I have spend there 3 months in total now, but my experience about the people is much different. Most people tourists will encounter are only there to make money. They lie, cheat and cannot be trusted. This is particallary in the North, but also to certain extent in Bombay and Goa. The sad part is, most tourists don't even know they are being cheated.

People in Chennai and Kerela, they are really nice! When a rikshaw driver in Chennai tries to cheat you, he ask 10 rupees more on a 50 rupees ride 
(while Rikshaw drivers in Delhi and Bomay bus stands ask 200 rupees for a 50 rupees ride)

Nicest people I've met were in Vietnam. Atleast the people are honest over there and not so desperate for money as in India. They don't need to, because unlike most Indian people they are not that lazy.

But, India has a lot of beautifull buildings!


----------



## phillybud (Jul 22, 2007)

Cymen said:


> I have spend there 3 months in total now, but my experience about the people is much different. Most people tourists will encounter are only there to make money. They lie, cheat and cannot be trusted. This is particallary in the North, but also to certain extent in Bombay and Goa. The sad part is, most tourists don't even know they are being cheated.
> 
> People in Chennai and Kerela, they are really nice! When a rikshaw driver in Chennai tries to cheat you, he ask 10 rupees more on a 50 rupees ride
> (while Rikshaw drivers in Delhi and Bomay bus stands ask 200 rupees for a 50 rupees ride)
> ...


My experiences were somewhat differant. The people I encountered were almost always smiling, polite and friendly. Yes I am well aware what the Indians pay and what I paid for a rickshaw or tuktuk ride ... so what if I paid another 20 rupees? Thats like 40 cents in US money. I make a lot more than the average Indian, so I am not bothered by paying a small premium. If you are friendly and polite back to them, don't condescend or talk down to them - that is show respect - and tell them how much you love and admire their country, the Indians will love you! My Indian acquaintances were so impressed that I could sing the Indian National Anthem "Jana Gana Mana" they wanted to treat me to dinner and buy gifts for me! By the way, I always bring pictures of my home, my neighborhood, my family and friends so that I can de-mystify them about life in the US. They love looking at the photos and ask many questions!


----------



## phillybud (Jul 22, 2007)

*Het Wilhelmus*

Oh yes! I can also sing the Netherlands National Anthem, HET WILHELMUS, in Dutch as well! I love it! It is my favorite anthem of all (and also the world's oldest national anthem!).

Dank U Well!


----------



## Mahratta (Feb 18, 2007)

Phillybud, you're an example for what tourists should be going to India - open minded, and fully realizing where they are going. I personally think that the price-bumps against tourists in government structures (eg. Taj Mahal etc.) is bollocks, but for something like a rickshaw ride, you're right, 20 rupees isn't too much of a premium - after all you (and me) have it much better than the average Indian. Its the same if you go to an unfamiliar American city and go in a cab, not knowing the language well and not really having the best idea where you're going - more likely than not you will fork out a little extra.

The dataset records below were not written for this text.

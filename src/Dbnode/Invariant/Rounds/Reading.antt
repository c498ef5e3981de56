-- ===== src/Dbnode/Invariant/Rounds/Reading.antt =====
-- The steps of a read, and `continueProcessing`, keep the invariant.
use part_ii_project.Base.{
  ltb, ◌==◌, if◌then◌else◌, decrement, if-Safe, option-Safe, >>=-Safe, log_fatal-Safe, Safe,
  returns, Bytes, ℕ, ◌≡◌, refl, sym, ap, subst, ◌∙◌, ◌≢◌, true, false, none, List, [], ◌∷◌,
}
use part_ii_project.Datastore.{Store}
use part_ii_project.Packet.{
  Message, Messagetype, no_message, node_unlock_request, node_get_request, node_lock_request,
  node_lock_request_no_timeout,
}
use part_ii_project.Dbnode.State.{
  Dbnode, emit, marker, members_or_empty, key_request, idle, member, Mode, coordinating_write,
  assembling_quorum, coordinating_read, processing_read, processing_write, coordinating_fast_read,
}
use mathlib.Core.Bool.{false≢true}
use part_ii_project.Dbnode.Read.{
  latest, collect_and_unlock, continue_fast_read, finish_read, read_step, continue_read,
  read_response,
}
use part_ii_project.Dbnode.Write.{continue_write}
use part_ii_project.Dbnode.Process.{continue_assembly, continue_in, continue_processing}
use part_ii_project.Dbnode.Invariant.{AllNodes, has_members, IsWf, IsReady, IsWf-of-IsReady}
use part_ii_project.Dbnode.Invariant.Steps.{
  request-Safe, request_members-Safe, go_idle-IsWf, abort_processing-Safe, Bounded,
  assemble_quorum-Safe,
}
use part_ii_project.Dbnode.Invariant.Rounds.Writing.{
  decode-Safe, emit-IsWf, mark-Safe, write_step-Safe,
}

module _ {S E : Type 0} (st : Store S) where
  collect_and_unlock-Safe :
      (q : List (ℕ × Message)) (t : ℕ) (v : Bytes) (n : Dbnode S E)
      → AllNodes n.num_peers q
      → IsWf n
      → Safe (λ r. IsWf r.1) (collect_and_unlock q t v n)
  unfolding collect_and_unlock
  collect_and_unlock-Safe [] t v n a w = returns w
  collect_and_unlock-Safe ((d, m) ∷ q) t v n a w =
      if-Safe (d == n.id) (λ _. collect_and_unlock-Safe q t v n a.1 w)
        λ _. >>=-Safe (decode-Safe m.value) λ r _ _.
          >>=-Safe
            (request-Safe n
              (record no_message {
                id = m.id;
                src = n.id;
                dest = d;
                demux_key = node_unlock_request;
                ok = true;
              })
              true a.0 w)
            λ b e f.
              collect_and_unlock-Safe q (if ltb t r.0 then r.0 else t)
                (if ltb t r.0 then r.1 else v) b (subst (λ k. AllNodes k q) (sym f.num) a.1) f.wf

  finish_read-Safe :
      (perm : ℕ → List ℕ) (q : List (ℕ × Message)) (n : Dbnode S E)
      → AllNodes n.num_peers q
      → IsWf n
      → Safe IsWf (finish_read st perm q n)
  unfolding finish_read
  finish_read-Safe perm q n a w =
      option-Safe (st.get n.store n.client_request.key) (λ _. abort_processing-Safe st n w)
        λ stored _. >>=-Safe (decode-Safe stored) λ r _ _.
          >>=-Safe (collect_and_unlock-Safe q r.0 r.1 n a w) λ c _ w'. returns (
            go_idle-IsWf (emit c.1 (read_response c.1 c.0.0 c.0.1))
              (emit-IsWf c.1 (read_response c.1 c.0.0 c.0.1) w'))

  read_step-Safe :
      (perm : ℕ → List ℕ) (t : Messagetype) (q : List (ℕ × Message)) (n : Dbnode S E)
      → n.quorum_members ≢ none
      → AllNodes n.num_peers q
      → IsWf n
      → Safe IsWf (read_step st perm t q n)
  unfolding read_step
  read_step-Safe perm node_get_request q n there a w =
      >>=-Safe
        (request_members-Safe (key_request n n.current_txid node_get_request) false q n (λ d. refl)
          a w)
        λ b e f.
          mark-Safe n b (marker node_unlock_request 0) (decrement n.read_quorum_size) w.self there f
  read_step-Safe perm node_unlock_request q n there a w = finish_read-Safe perm q n a w
  read_step-Safe perm _ q n there a w = log_fatal-Safe

module _ {S E : Type 0} (st : Store S) (perm : ℕ → List ℕ) where
  continue_fast_read-Safe :
      (n : Dbnode S E) → Bounded perm → IsReady n → Safe IsWf (continue_fast_read st perm n)
  unfolding continue_fast_read
  continue_fast_read-Safe n a w =
      option-Safe n.quorum_members
        (λ _. assemble_quorum-Safe perm n.read_quorum_size node_get_request n a w)
        λ q there.
          option-Safe (st.get n.store n.client_request.key)
            (λ _. abort_processing-Safe st n (IsWf-of-IsReady n (λ e. cc) w))
            λ stored _. >>=-Safe (decode-Safe stored) λ r _ _. returns (
              go_idle-IsWf (emit n (read_response n (latest q r.0 r.1).0 (latest q r.0 r.1).1)) (
                emit-IsWf n (read_response n (latest q r.0 r.1).0 (latest q r.0 r.1).1)
                  (IsWf-of-IsReady n (λ e. cc) w)))

  continue_read-Safe :
      (n : Dbnode S E) → Bounded perm → IsReady n → Safe IsWf (continue_read st perm n)
  unfolding continue_read
  continue_read-Safe n a w =
      option-Safe n.quorum_members
        (λ _. assemble_quorum-Safe perm n.read_quorum_size node_lock_request n a w)
        λ q there.
          read_step-Safe st perm (member n n.id).demux_key q n (λ e. cc)
            (subst (λ o. AllNodes n.num_peers (members_or_empty o)) there w.nodes)
            (IsWf-of-IsReady n (λ e. cc) w)

  continue_assembly-Safe :
      (n : Dbnode S E) → Bounded perm → IsReady n → Safe IsWf (continue_assembly st perm n)
  unfolding continue_assembly continue_write
  continue_assembly-Safe n a w =
      option-Safe n.quorum_members
        (λ _. assemble_quorum-Safe perm n.write_quorum_size node_lock_request_no_timeout n a w)
        λ q there.
          write_step-Safe st (member n n.id).demux_key
            (record n { current_mode = coordinating_write }) (λ e. cc)
            (record { self = w.self; rows = w.rows; nodes = w.nodes; members = λ _ e. cc })

  -- A node that is in neither of the modes with members is well-formed as it is.
  idle-IsWf : (n : Dbnode S E) → has_members n.current_mode ≡ false → IsReady n → IsWf n
  idle-IsWf n e w = record {
    self = w.self;
    rows = w.rows;
    nodes = w.nodes;
    members = λ h. absurd (false≢true (sym e ∙ h));
  }

  continue_in-Safe :
      (m : Mode) (n : Dbnode S E)
      → Bounded perm
      → IsReady n
      → n.current_mode ≡ m
      → (m ≡ coordinating_write → n.quorum_members ≢ none)
      → Safe IsWf (continue_in st perm m n)
  unfolding continue_in continue_write
  continue_in-Safe coordinating_fast_read n a w e there = continue_fast_read-Safe n a w
  continue_in-Safe coordinating_read n a w e there = continue_read-Safe n a w
  continue_in-Safe coordinating_write n a w e there =
      write_step-Safe st (member n n.id).demux_key n (there refl) (IsWf-of-IsReady n (there refl) w)
  continue_in-Safe assembling_quorum n a w e there = continue_assembly-Safe n a w
  continue_in-Safe idle n a w e there = returns (idle-IsWf n (ap has_members e) w)
  continue_in-Safe processing_read n a w e there = returns (idle-IsWf n (ap has_members e) w)
  continue_in-Safe processing_write n a w e there = returns (idle-IsWf n (ap has_members e) w)

  -- The next step of a transaction whose members are there, or are about to be assembled.
  pub continue_processing-Safe :
      (n : Dbnode S E)
      → Bounded perm
      → IsReady n
      → (n.current_mode ≡ coordinating_write → n.quorum_members ≢ none)
      → Safe IsWf (continue_processing st perm n)
  unfolding continue_processing
  continue_processing-Safe n a w there = continue_in-Safe n.current_mode n a w refl there
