-- ===== src/Dbnode/Invariant/Rounds/Handling.antt =====
-- The handlers, and the rounds of the main loop, keep the invariant.
use part_ii_project.Base.{
  ◌==◌, Bool-cases, and_iff, lookup, insert, erase, decrement, if-Safe, >>=-Safe, Safe-map, Safe,
  returns, ℕ, ◌≤◌, ◌≡◌, inl, inr, true, false, not, List, arith, nat_key,
}
use part_ii_project.Base.{nat_key}
use part_ii_project.Datastore.{Store}
use part_ii_project.Packet.{type_key, Message, same_type, node_unlock_request}
use part_ii_project.Repeater.{Repeater, ack, unmark, is_unacked, or_nil}
use part_ii_project.Dbnode.State.{Dbnode, acknowledge, member, Mode}
use part_ii_project.Dbnode.Handlers.{
  count_answer, handle_lock_res, handle_get_res, handle_put_res, handle_unlock_ack, counts_locks,
  counts_gets, counts_puts, reply, awaits,
}
use part_ii_project.Dbnode.Invariant.{HasRows, IsWf, has_members, IsReady-of-IsWf, HasRows-insert}
use part_ii_project.Dbnode.Invariant.Steps.{
  request-Safe, abort_processing-Safe, set_member-Safe, Bounded,
}
use part_ii_project.Dbnode.Invariant.Rounds.Reading.{continue_processing-Safe}

HasRows-ack :
    (num : ℕ) (r : Repeater) (m : Message)
    → HasRows num r.unacked_reqs
    → HasRows num (ack r m).unacked_reqs
unfolding ack unmark
HasRows-ack num r m h = elim (Bool-cases (is_unacked r.unacked_reqs m.src m.id m.demux_key)) [
  | inl e ↦
      rw (e, ack)
        (HasRows-insert num m.src
          (insert m.id
            (erase m.demux_key (or_nil (lookup m.id (or_nil (lookup m.src r.unacked_reqs)))))
            (or_nil (lookup m.src r.unacked_reqs)))
          r.unacked_reqs h)
  | inr e ↦ rw (e, ack) h
]

-- The modes in which answers are counted have members.
counts_locks-members : (m : Mode) → counts_locks m ≡ true → has_members m ≡ true
counts_locks-members m e = ground arith

counts_gets-members : (m : Mode) → counts_gets m ≡ true → has_members m ≡ true
counts_gets-members m e = ground arith

counts_puts-members : (m : Mode) → counts_puts m ≡ true → has_members m ≡ true
counts_puts-members m e = ground arith

module _ {S E : Type 0} (st : Store S) (perm : ℕ → List ℕ) where
  acknowledge-IsWf : (n : Dbnode S E) (m : Message) → IsWf n → IsWf (acknowledge n m)
  unfolding acknowledge
  acknowledge-IsWf n m w = record {
    self = w.self;
    rows = HasRows-ack n.num_peers n.request_repeater m w.rows;
    nodes = w.nodes;
    members = w.members;
  }

  count_answer-Safe :
      (n : Dbnode S E) (m : Message)
      → Bounded perm
      → m.src ≤ n.num_peers
      → has_members n.current_mode ≡ true
      → IsWf n
      → Safe IsWf (count_answer st perm n m)
  unfolding count_answer
  count_answer-Safe n m a le h w =
      if-Safe (not m.ok) (λ _. abort_processing-Safe st n w)
        λ _.
          if-Safe (not (same_type (member n m.src).demux_key m.demux_key))
            (λ _. >>=-Safe (set_member-Safe n m.src m le (w.members h) w) λ b e f.
              if-Safe (decrement b.num_waiting_nodes == 0)
                (λ _.
                  continue_processing-Safe st perm
                    (record b { num_waiting_nodes = decrement b.num_waiting_nodes }) a
                    (IsReady-of-IsWf b f.wf) (λ _. f.there))
                (λ _. returns f.wf))
            λ _. returns w

  pub handle_lock_res-Safe :
      (n : Dbnode S E) (m : Message)
      → Bounded perm
      → m.src ≤ n.num_peers
      → IsWf n
      → Safe IsWf (handle_lock_res st perm n m)
  unfolding handle_lock_res
  handle_lock_res-Safe n m a le w =
      let n1 = acknowledge n m in
      let w1 = acknowledge-IsWf n m w in
      if-Safe (awaits counts_locks n1 m)
        (λ e. count_answer-Safe n1 m a le (counts_locks-members n.current_mode (and_iff.0 e).1) w1)
        λ _.
          if-Safe m.ok
            (λ _.
              Safe-map (λ b f. f.wf)
                (request-Safe n1 (record (reply n1 m node_unlock_request) { ok = false }) true le
                  w1))
            (λ _. returns w1)

  pub handle_get_res-Safe :
      (n : Dbnode S E) (m : Message)
      → Bounded perm
      → m.src ≤ n.num_peers
      → IsWf n
      → Safe IsWf (handle_get_res st perm n m)
  unfolding handle_get_res
  handle_get_res-Safe n m a le w =
      let n1 = acknowledge n m in
      let w1 = acknowledge-IsWf n m w in
      if-Safe (awaits counts_gets n1 m)
        (λ e. count_answer-Safe n1 m a le (counts_gets-members n.current_mode (and_iff.0 e).1) w1)
        (λ _. returns w1)

  pub handle_put_res-Safe :
      (n : Dbnode S E) (m : Message)
      → Bounded perm
      → m.src ≤ n.num_peers
      → IsWf n
      → Safe IsWf (handle_put_res st perm n m)
  unfolding handle_put_res
  handle_put_res-Safe n m a le w =
      let n1 = acknowledge n m in
      let w1 = acknowledge-IsWf n m w in
      if-Safe (awaits counts_puts n1 m)
        (λ e. count_answer-Safe n1 m a le (counts_puts-members n.current_mode (and_iff.0 e).1) w1)
        (λ _. returns w1)

  pub handle_unlock_ack-IsWf :
      (n : Dbnode S E) (m : Message) → IsWf n → IsWf (handle_unlock_ack n m)
  unfolding handle_unlock_ack
  handle_unlock_ack-IsWf n m w = acknowledge-IsWf n m w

Anyway, from my experiences in India (as one who spent the vast majority of my life in the West), if you keep an open mind and allow India's culture to embrace you, then you'll love every minute. If you don't, then you'll hate it. I find the people very friendly and hospitable, indeed many of the rickshaw-wallahs I've gone with (not knowing my way around the gullies of Mumbai) have helped me out a lot rather than taking me for my money and then leaving me. 

India is a great place - there's some work to be done, especially with the preservation of monuments and the access to tourists - but I still love the place, and you're showing a true informed tourists attitude on India - its not like a trip to Europe, its like a new world to the Westerner, love it or hate it.

and you know the words to Jana Gana Mana? Impressive. Warrants a dinner in my book as well  Do you speak any Indian language?


----------



## Vini2 (Jun 19, 2007)

Amazing country!


----------



## VaastuShastra (Jun 20, 2005)

Cymen said:


> I have spend there 3 months in total now, but my experience about the people is much different. Most people tourists will encounter are only there to make money. They lie, cheat and cannot be trusted. This is particallary in the North, but also to certain extent in Bombay and Goa. The sad part is, most tourists don't even know they are being cheated.
> 
> People in Chennai and Kerela, they are really nice! When a rikshaw driver in Chennai tries to cheat you, he ask 10 rupees more on a 50 rupees ride
> (while Rikshaw drivers in Delhi and Bomay bus stands ask 200 rupees for a 50 rupees ride)
> ...


Every country has its problems - when I go to the English countryside, I could endlessly complain about stuff, or I can be posetive and take in the surroundings - my enjoyment is almost entirely about mindset.


----------



## Tony Sebo (Jun 28, 2004)

superb thread Vaast. I will keep an eye on this one!

:cheers:


----------



## VaastuShastra (Jun 20, 2005)

^^
I havent updated it for a long time now - I should probably search for some more stuff


----------



## VaastuShastra (Jun 20, 2005)

I think some of the pictures on earlier pages have stopped working.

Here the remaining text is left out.